Output only the lines below that start at the line containing "unfolding format_nat all" and end at the line containing "unfold format_int digits", with both ends kept.
────────
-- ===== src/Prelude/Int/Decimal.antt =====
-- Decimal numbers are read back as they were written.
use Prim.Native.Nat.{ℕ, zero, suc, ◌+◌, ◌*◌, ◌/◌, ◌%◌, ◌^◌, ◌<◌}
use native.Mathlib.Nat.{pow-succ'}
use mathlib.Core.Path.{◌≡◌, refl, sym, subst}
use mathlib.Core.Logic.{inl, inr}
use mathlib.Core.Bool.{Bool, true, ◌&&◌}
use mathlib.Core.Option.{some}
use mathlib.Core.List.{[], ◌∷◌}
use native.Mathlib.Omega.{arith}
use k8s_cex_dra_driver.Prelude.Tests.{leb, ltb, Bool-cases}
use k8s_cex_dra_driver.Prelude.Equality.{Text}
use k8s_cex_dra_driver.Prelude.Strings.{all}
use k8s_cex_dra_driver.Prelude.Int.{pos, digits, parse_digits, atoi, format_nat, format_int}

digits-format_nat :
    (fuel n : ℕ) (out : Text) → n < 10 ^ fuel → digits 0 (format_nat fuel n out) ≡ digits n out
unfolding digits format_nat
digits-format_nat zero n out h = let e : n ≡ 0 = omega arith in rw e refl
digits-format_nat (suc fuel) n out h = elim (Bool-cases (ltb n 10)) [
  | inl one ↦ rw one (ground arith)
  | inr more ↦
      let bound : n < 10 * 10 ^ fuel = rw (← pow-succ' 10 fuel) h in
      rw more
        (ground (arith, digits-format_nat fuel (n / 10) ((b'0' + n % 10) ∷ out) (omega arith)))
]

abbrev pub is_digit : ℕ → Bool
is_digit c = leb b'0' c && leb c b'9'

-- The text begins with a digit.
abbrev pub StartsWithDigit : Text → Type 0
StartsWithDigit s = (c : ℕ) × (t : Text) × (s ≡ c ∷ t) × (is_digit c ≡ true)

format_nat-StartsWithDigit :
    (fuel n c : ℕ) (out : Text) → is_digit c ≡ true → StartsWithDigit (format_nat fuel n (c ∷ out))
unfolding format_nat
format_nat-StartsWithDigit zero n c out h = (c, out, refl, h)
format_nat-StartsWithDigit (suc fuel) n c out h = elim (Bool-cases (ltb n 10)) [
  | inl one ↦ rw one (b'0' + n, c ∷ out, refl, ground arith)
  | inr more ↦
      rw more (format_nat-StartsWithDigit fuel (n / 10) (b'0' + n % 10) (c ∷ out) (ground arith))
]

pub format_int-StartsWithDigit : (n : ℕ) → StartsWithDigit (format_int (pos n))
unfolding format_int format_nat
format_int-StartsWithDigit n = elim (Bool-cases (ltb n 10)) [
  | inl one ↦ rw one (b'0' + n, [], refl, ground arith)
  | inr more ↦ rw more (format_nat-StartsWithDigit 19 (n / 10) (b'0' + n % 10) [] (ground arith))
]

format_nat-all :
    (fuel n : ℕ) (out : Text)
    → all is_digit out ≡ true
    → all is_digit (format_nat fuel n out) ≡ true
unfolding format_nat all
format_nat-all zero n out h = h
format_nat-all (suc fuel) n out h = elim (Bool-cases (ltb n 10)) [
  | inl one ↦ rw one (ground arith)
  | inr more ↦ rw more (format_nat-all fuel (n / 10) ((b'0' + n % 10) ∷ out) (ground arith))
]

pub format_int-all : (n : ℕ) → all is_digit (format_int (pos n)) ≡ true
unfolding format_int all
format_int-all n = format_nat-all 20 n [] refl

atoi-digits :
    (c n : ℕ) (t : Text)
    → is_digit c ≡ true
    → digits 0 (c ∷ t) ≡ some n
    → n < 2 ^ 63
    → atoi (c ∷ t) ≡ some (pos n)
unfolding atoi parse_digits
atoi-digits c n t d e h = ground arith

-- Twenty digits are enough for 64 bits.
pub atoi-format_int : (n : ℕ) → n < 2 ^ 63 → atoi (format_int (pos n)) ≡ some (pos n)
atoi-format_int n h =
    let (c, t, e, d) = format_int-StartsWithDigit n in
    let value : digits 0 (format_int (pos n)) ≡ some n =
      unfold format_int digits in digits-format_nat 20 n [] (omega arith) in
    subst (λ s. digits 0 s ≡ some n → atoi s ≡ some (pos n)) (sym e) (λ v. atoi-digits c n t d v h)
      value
────────
Result:
unfolding format_nat all
format_nat-all zero n out h = h
format_nat-all (suc fuel) n out h = elim (Bool-cases (ltb n 10)) [
  | inl one ↦ rw one (ground arith)
  | inr more ↦ rw more (format_nat-all fuel (n / 10) ((b'0' + n % 10) ∷ out) (ground arith))
]

pub format_int-all : (n : ℕ) → all is_digit (format_int (pos n)) ≡ true
unfolding format_int all
format_int-all n = format_nat-all 20 n [] refl

atoi-digits :
    (c n : ℕ) (t : Text)
    → is_digit c ≡ true
    → digits 0 (c ∷ t) ≡ some n
    → n < 2 ^ 63
    → atoi (c ∷ t) ≡ some (pos n)
unfolding atoi parse_digits
atoi-digits c n t d e h = ground arith

-- Twenty digits are enough for 64 bits.
pub atoi-format_int : (n : ℕ) → n < 2 ^ 63 → atoi (format_int (pos n)) ≡ some (pos n)
atoi-format_int n h =
    let (c, t, e, d) = format_int-StartsWithDigit n in
    let value : digits 0 (format_int (pos n)) ≡ some n =
      unfold format_int digits in digits-format_nat 20 n [] (omega arith) in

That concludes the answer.